JTC1/SC22/WG14
N770
N770 J11/97-134
Trigraphs and Universal Character Names
Randy Meyers
23 Sept 1997
Both C and C++ have adopted the same proposal for handling the full
range of natural language characters in source programs. Basically,
during phase 1 of translation any character not in the basic source
character set is mapped into its Universal Character Name (UCN).
After phase 1, C/C++ programs are represented only using basic source
characters and UCNs.
Phase 1 of translation also handles another mapping: it recognizes
trigraphs and translates them into their single character
representation. This raises an ordering problem: if the initial
source character set is multibyte, do you recognize trigraphs before
or after recognizing multibyte characters?
Consider phase 1 input that looks like this:
$??)
where in the multibyte encoding, a byte containing the code for "$" is
the first byte of a single multibyte character made from the byte
containing the "$" and the byte that follows it. Bytes containing the
codes for "?" and ")" are treated as single byte characters unless
immediately preceded by a special flag byte like "$".
If you process trigraphs before decoding multibyte characters, you
would recognize the trigraph for "]", and map the input into "$]",
which would then be translated into a surprising multibyte character.
The translator would interpret the source completely differently than
any display hardware or text processing program.

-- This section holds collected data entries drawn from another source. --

-- ===== src/Hub/BridgeTargets.antt =====
-- Where a frame captured on a bus is injected (src/hub/domain/bridge_targets.c). The two counter
-- pointers of a target are the slot that they point into.
use can_hub.Base.{
  ℕ, zero, suc, ◌+◌, Bool, true, false, not, ◌||◌, List, [], ◌∷◌, ◌++◌, Option, none, some, ◌==◌,
  if◌then◌else◌, is_some, length, find_index,
}
use can_hub.Hub.BridgeRoutes.{
  BridgeEndpoint, BridgeRoutes, BridgeRouteSlot, routes_max, equals, route_passes,
}
use can_hub.Hub.BridgeRoutes
use can_hub.Hub.BridgeGroups.{
  BridgeGroups, BridgeGroupSlot, BridgeGroupMember, groups_max, joined, carries, receives,
}
use can_hub.Hub.BridgeGroups
pub mod Reached
pub mod Tests

-- BRIDGE_TARGETS_MAX
abbrev targets_max : ℕ
targets_max = 320

-- The slot whose counters are charged.
pub data Charged : Type 0 where
  by_route : ℕ → Charged
  by_group : ℕ → Charged

pub record BridgeTarget : Type 0 where
  pub destination : BridgeEndpoint
  pub charged : Charged

abbrev pub is_target : BridgeEndpoint → BridgeTarget → Bool
is_target e t = equals t.destination e

pub add_target : List BridgeTarget → BridgeEndpoint → BridgeEndpoint → Charged → List BridgeTarget
add_target targets source destination charged =
    if equals destination source || length targets == targets_max
    then targets
    else if is_some (find_index (is_target destination) targets)
    then targets
    else targets ++ (record { destination = destination; charged = charged } ∷ [])

-- One turn of the loop over the routes.
pub reach_route :
    ℕ → BridgeEndpoint → ℕ → Option BridgeRouteSlot → List BridgeTarget → List BridgeTarget
reach_route i source can_id none targets = targets
reach_route i source can_id (some s) targets =
    if not (equals s.route.source source)
    then targets
    else if route_passes s.route can_id
    then add_target targets source s.route.destination (by_route i)
    else targets

-- The loop from slot `i` on, by the turns left.
pub collect_routes :
    ℕ → ℕ → BridgeRoutes → BridgeEndpoint → ℕ → List BridgeTarget → List BridgeTarget
collect_routes zero i routes source can_id targets = targets
collect_routes (suc left) i routes source can_id targets =
    collect_routes left (i + 1) routes source can_id
      (reach_route i source can_id (BridgeRoutes.slot routes i) targets)

-- The loop over the members of a group.
pub collect_members :
    ℕ → BridgeEndpoint → List BridgeGroupMember → List BridgeTarget → List BridgeTarget
collect_members i source [] targets = targets
collect_members i source (m ∷ rest) targets =
    collect_members i source rest
      (if receives m then add_target targets source m.endpoint (by_group i) else targets)

pub reach_group :
    ℕ → BridgeEndpoint → ℕ → Option BridgeGroupSlot → List BridgeTarget → List BridgeTarget
reach_group i source can_id none targets = targets
reach_group i source can_id (some s) targets =
    if not (carries s.group source can_id)
    then targets
    else collect_members i source (joined s.group) targets

pub collect_groups :
    ℕ → ℕ → BridgeGroups → BridgeEndpoint → ℕ → List BridgeTarget → List BridgeTarget
collect_groups zero i groups source can_id targets = targets
collect_groups (suc left) i groups source can_id targets =
    collect_groups left (i + 1) groups source can_id
      (reach_group i source can_id (BridgeGroups.slot groups i) targets)

pub collect : BridgeRoutes → BridgeGroups → BridgeEndpoint → ℕ → List BridgeTarget
collect routes groups source can_id =
    collect_groups groups_max 0 groups source can_id
      (collect_routes routes_max 0 routes source can_id [])
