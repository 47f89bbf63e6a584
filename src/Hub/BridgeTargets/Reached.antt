-- ===== src/Hub/BridgeTargets/Reached.antt =====
-- Which buses a frame reaches.
use can_hub.Base.{
  ℕ, zero, suc, ◌+◌, ◌*◌, ◌≤◌, ◌≡◌, refl, subst, inl, inr, Bool, true, false, not, ◌&&◌, ◌||◌, List,
  [], ◌∷◌, ◌++◌, Option, none, some, arith, ltb, if◌then◌else◌, length, length-take, get_or, count,
  is_some-find_index, Bool-cases,
}
use can_hub.Hub.BridgeRoutes.{BridgeEndpoint, BridgeRoutes, BridgeRouteSlot, equals, route_passes}
use can_hub.Hub.BridgeRoutes
use can_hub.Hub.BridgeRoutes.Invariant.{equals_sound}
use can_hub.Hub.BridgeGroups.{
  blank, BridgeGroups, BridgeGroupSlot, BridgeGroupMember, joined, carries, receives,
}
use can_hub.Hub.BridgeGroups
use can_hub.Hub.BridgeGroups.Invariant.{IsValid, slot_sound}
use can_hub.Hub.BridgeTargets.{
  BridgeTarget, Charged, by_route, by_group, is_target, add_target, reach_route, collect_routes,
  collect_members, reach_group, collect_groups, collect,
}

-- The bus is among the targets.
abbrev is_reached : List BridgeTarget → BridgeEndpoint → Bool
is_reached targets e = ltb 0 (count (is_target e) targets)

-- No bus twice, never the source.
pub record AreTargets (source : BridgeEndpoint) (targets : List BridgeTarget) : Type 0 where
  pub once : (e : BridgeEndpoint) → count (is_target e) targets ≤ 1
  pub never_source : count (is_target source) targets ≡ 0

count-append_one :
    (e : BridgeEndpoint) (ts : List BridgeTarget) (x : BridgeTarget)
    → count (is_target e) (ts ++ (x ∷ []))
      ≡ count (is_target e) ts + (if is_target e x then 1 else 0)
count-append_one e [] x = omega arith
count-append_one e (t ∷ ts) x = omega (arith, count-append_one e ts x)

length-append_one :
    (ts : List BridgeTarget) (x : BridgeTarget) → length (ts ++ (x ∷ [])) ≡ length ts + 1
length-append_one [] x = refl
length-append_one (t ∷ ts) x = omega (arith, length-append_one ts x)

-- `f i || f (i + 1) || ...`, for `left` numbers.
abbrev exists_from : ℕ → ℕ → (ℕ → Bool) → Bool
exists_from zero i f = false
exists_from (suc left) i f = f i || exists_from left (i + 1) f

-- The bus is that of a member that receives.
abbrev any_receiver : BridgeEndpoint → List BridgeGroupMember → Bool
any_receiver e [] = false
any_receiver e (m ∷ ms) = (receives m && equals m.endpoint e) || any_receiver e ms

small_group :
    (t : BridgeGroups) (i : ℕ)
    → IsValid t
    → (s : BridgeGroupSlot) → BridgeGroups.slot t i ≡ some s
    → length (joined s.group) ≤ 16
small_group t i v s h =
    let (inside, there) = slot_sound t i s h in
    rw
      (
        there,
        length-take (get_or t.slots i blank).group.member_count
            (get_or t.slots i blank).group.members,
      )
      (omega (arith, (v.groups i inside).sized))

module _ (source : BridgeEndpoint) where
  -- What a part of the collection does: at most `n` buses more, those that `what` names.
  record Adds (n : ℕ) (what : BridgeEndpoint → Bool) (ts us : List BridgeTarget) : Type 0 where
    pub targets : AreTargets source ts → AreTargets source us
    longer : length us ≤ length ts + n
    reached :
        (e : BridgeEndpoint)
        → length ts + n ≤ 320
        → is_reached us e ≡ (is_reached ts e || (not (equals e source) && what e))

  nothing_added : (n : ℕ) (ts : List BridgeTarget) → Adds n (λ e. false) ts ts
  nothing_added n ts = record {
    targets = λ v. v;
    longer = omega arith;
    reached = λ e h. ground arith;
  }

  both_added :
      {n m : ℕ} {f g : BridgeEndpoint → Bool} {ts us ws : List BridgeTarget}
      → Adds n f ts us
      → Adds m g us ws
      → Adds (n + m) (λ e. f e || g e) ts ws
  both_added {n} {m} a b = record {
    targets = λ v. b.targets (a.targets v);
    longer = omega (arith, a.longer, b.longer);
    reached = λ e h.
        ground (arith, a.longer, a.reached e (omega arith), b.reached e (omega (arith, a.longer)));
  }

  fewer_added :
      {n m : ℕ} {f : BridgeEndpoint → Bool} {ts us : List BridgeTarget}
      → n ≤ m
      → Adds n f ts us
      → Adds m f ts us
  fewer_added h a = record {
    targets = a.targets;
    longer = omega (arith, a.longer);
    reached = λ e fits. a.reached e (omega arith);
  }

  add_target-Adds :
      (ts : List BridgeTarget) (d : BridgeEndpoint) (c : Charged)
      → Adds 1 (λ e. equals d e) ts (add_target ts source d c)
  unfolding add_target
  add_target-Adds ts d c =
      let x : BridgeTarget = record { destination = d; charged = c } in
      record {
        targets = λ v. record {
          once = λ e. ground (
            arith,
            v.once e,
            count-append_one e ts x,
            is_some-find_index (is_target d) ts,
            equals_sound d e,
            subst (λ y. count (is_target y) ts ≡ 0) {x = d} {y = e},
          );
          never_source = ground (arith, v.never_source, count-append_one source ts x);
        };
        longer = ground (arith, length-append_one ts x);
        reached = λ e h. ground (
          arith,
          count-append_one e ts x,
          is_some-find_index (is_target d) ts,
          equals_sound d e,
          subst (λ y. ltb 0 (count (is_target y) ts) ≡ true) {x = d} {y = e},
          subst (λ y. equals y source ≡ true) {x = d} {y = e},
          subst (λ y. equals y source ≡ false) {x = d} {y = e},
        );
      }

  -- Routes.
  -- Whether a route leads from the source to a bus and lets the frame through.
  pub routed : ℕ → BridgeEndpoint → Option BridgeRouteSlot → Bool
  routed can_id e none = false
  routed can_id e (some s) =
      (equals s.route.source source && route_passes s.route can_id) && equals s.route.destination e

  reach_route-Adds :
      (i can_id : ℕ) (o : Option BridgeRouteSlot) (ts : List BridgeTarget)
      → Adds 1 (λ e. routed can_id e o) ts (reach_route i source can_id o ts)
  unfolding routed reach_route
  reach_route-Adds i can_id none ts = nothing_added 1 ts
  reach_route-Adds i can_id (some s) ts = elim (Bool-cases (equals s.route.source source)) [
    | inr elsewhere ↦ rw (elsewhere, reach_route) (nothing_added 1 ts)
    | inl from ↦ elim (Bool-cases (route_passes s.route can_id)) [
      | inr stopped ↦ rw (from, stopped, reach_route) (nothing_added 1 ts)
      | inl through ↦
          rw (from, through, reach_route) (add_target-Adds ts s.route.destination (by_route i))
    ]
  ]

  collect_routes-Adds :
      (left i can_id : ℕ) (routes : BridgeRoutes) (ts : List BridgeTarget)
      → Adds left
          (λ e. exists_from left i (λ j. routed can_id e (BridgeRoutes.slot routes j)))
          ts
          (collect_routes left i routes source can_id ts)
  unfolding collect_routes
  collect_routes-Adds zero i can_id routes ts = nothing_added 0 ts
  collect_routes-Adds (suc left) i can_id routes ts = fewer_added (omega arith) (
      both_added (reach_route-Adds i can_id (BridgeRoutes.slot routes i) ts) (
        collect_routes-Adds left (i + 1) can_id routes
          (reach_route i source can_id (BridgeRoutes.slot routes i) ts)))

  collect_members-Adds :
      (i : ℕ) (ms : List BridgeGroupMember) (ts : List BridgeTarget)
      → Adds (length ms) (λ e. any_receiver e ms) ts (collect_members i source ms ts)
  unfolding collect_members
  collect_members-Adds i [] ts = nothing_added 0 ts
  collect_members-Adds i (m ∷ ms) ts = elim (Bool-cases (receives m)) [
    | inl listens ↦ rw listens (
        fewer_added (omega arith) (
          both_added (add_target-Adds ts m.endpoint (by_group i))
            (collect_members-Adds i ms (add_target ts source m.endpoint (by_group i)))))
    | inr silent ↦ rw silent (fewer_added (omega arith) (collect_members-Adds i ms ts))
  ]

  -- Whether a group takes the frame from the source and gives it to a bus.
  pub grouped : ℕ → BridgeEndpoint → Option BridgeGroupSlot → Bool
  grouped can_id e none = false
  grouped can_id e (some s) = carries s.group source can_id && any_receiver e (joined s.group)

  reach_group-Adds :
      (i can_id : ℕ) (o : Option BridgeGroupSlot) (ts : List BridgeTarget)
      → ((s : BridgeGroupSlot) → o ≡ some s → length (joined s.group) ≤ 16)
      → Adds 16 (λ e. grouped can_id e o) ts (reach_group i source can_id o ts)
  unfolding grouped reach_group
  reach_group-Adds i can_id none ts small = nothing_added 16 ts
  reach_group-Adds i can_id (some s) ts small = elim (Bool-cases (carries s.group source can_id)) [
    | inr stopped ↦ rw (stopped, reach_group) (nothing_added 16 ts)
    | inl through ↦
        rw (through, reach_group)
          (fewer_added (small s refl) (collect_members-Adds i (joined s.group) ts))
  ]

  collect_groups-Adds :
      (left i can_id : ℕ) (groups : BridgeGroups) (ts : List BridgeTarget)
      → IsValid groups
      → Adds
          (left * 16)
          (λ e. exists_from left i (λ j. grouped can_id e (BridgeGroups.slot groups j)))
          ts
          (collect_groups left i groups source can_id ts)
  unfolding collect_groups
  collect_groups-Adds zero i can_id groups ts v = nothing_added 0 ts
  collect_groups-Adds (suc left) i can_id groups ts v = fewer_added (omega arith) (
      both_added
        (reach_group-Adds i can_id (BridgeGroups.slot groups i) ts (small_group groups i v))
        (collect_groups-Adds left (i + 1) can_id groups
          (reach_group i source can_id (BridgeGroups.slot groups i) ts) v))

-- With a valid table of groups, the targets collected have no bus twice and never the source, and a
-- bus is among them exactly if it is not the source, and a route in use from the source that passes
-- the frame leads to it, or it is the bus of a receiving member of a group that carries the frame
-- from the source.
pub collect_lem :
    (routes : BridgeRoutes) (groups : BridgeGroups) (source : BridgeEndpoint) (can_id : ℕ)
    → IsValid groups
    → AreTargets source (collect routes groups source can_id)
      × ((e : BridgeEndpoint)
          → is_reached (collect routes groups source can_id) e ≡ (
              not (equals e source)
              && (exists_from 64 0 (λ i. routed source can_id e (BridgeRoutes.slot routes i))
                  || exists_from 16 0 (λ i. grouped source can_id e (BridgeGroups.slot groups i)))))
unfolding collect
collect_lem routes groups source can_id v =
    let by_routes = collect_routes-Adds source 64 0 can_id routes [] in
    let both = both_added source by_routes (
      collect_groups-Adds source 16 0 can_id groups (collect_routes 64 0 routes source can_id [])
        v) in
    (
      both.targets (record { once = λ e. omega arith; never_source = refl }),
      λ e. both.reached e (omega arith),
    )
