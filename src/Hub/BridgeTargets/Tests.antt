-- ===== src/Hub/BridgeTargets/Tests.antt =====
-- Three buses: a route from bus 1 to bus 2, and a group of buses 1 and 3.
use can_hub.Hub.BridgeRoutes.Tests.{bus1, one_route}
use can_hub.Hub.BridgeGroups.Tests.{one_group, one_group-IsValid}
use can_hub.Hub.BridgeTargets.{collect}
use can_hub.Hub.BridgeTargets.Reached.{AreTargets, collect_lem}

collect_lem_example : AreTargets bus1 (collect one_route one_group bus1 0x123)
collect_lem_example = (collect_lem one_route one_group bus1 0x123 one_group-IsValid).0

The alternative, of course, is to perform multibyte processing before
trigraph recognition. In that case, the source would be interpreted
the same way that the programmer's editor probably displayed it: a
multibyte character followed by the characters "?" and ")". This is
clearly the most reasonable interpretation, and it also is the most
defensible interpretation since phase 1 in the Working Paper talks
about recognizing and mapping characters, and trigraph sequences are
defined to be sequences of characters. A byte stream before multibyte
processing is not a sequence of characters, and you can not find
trigraph sequences in it until you turn it into characters by
multibyte processing.
Unfortunately, the wording for Phase 1 (Subclause 2.1) in the
Post-London Preview Edition of the C++ Working Paper is very easy to
misread as requiring trigraph processing before multibyte processing:
1. Physical source file characters are mapped, in an
implementation-defined manner, to the basic source character
set (including new-line characters for end-of-line
N770 J11/97-134 Page 2
Trigraphs and Universal Character Names
indicators) if necessary. Trigraph sequences (2.3) are
replaced by corresponding single-character internal
representations. Any source file character not in the basic
source character set (2.2) is replaced by the
universal-character-name that designates that character.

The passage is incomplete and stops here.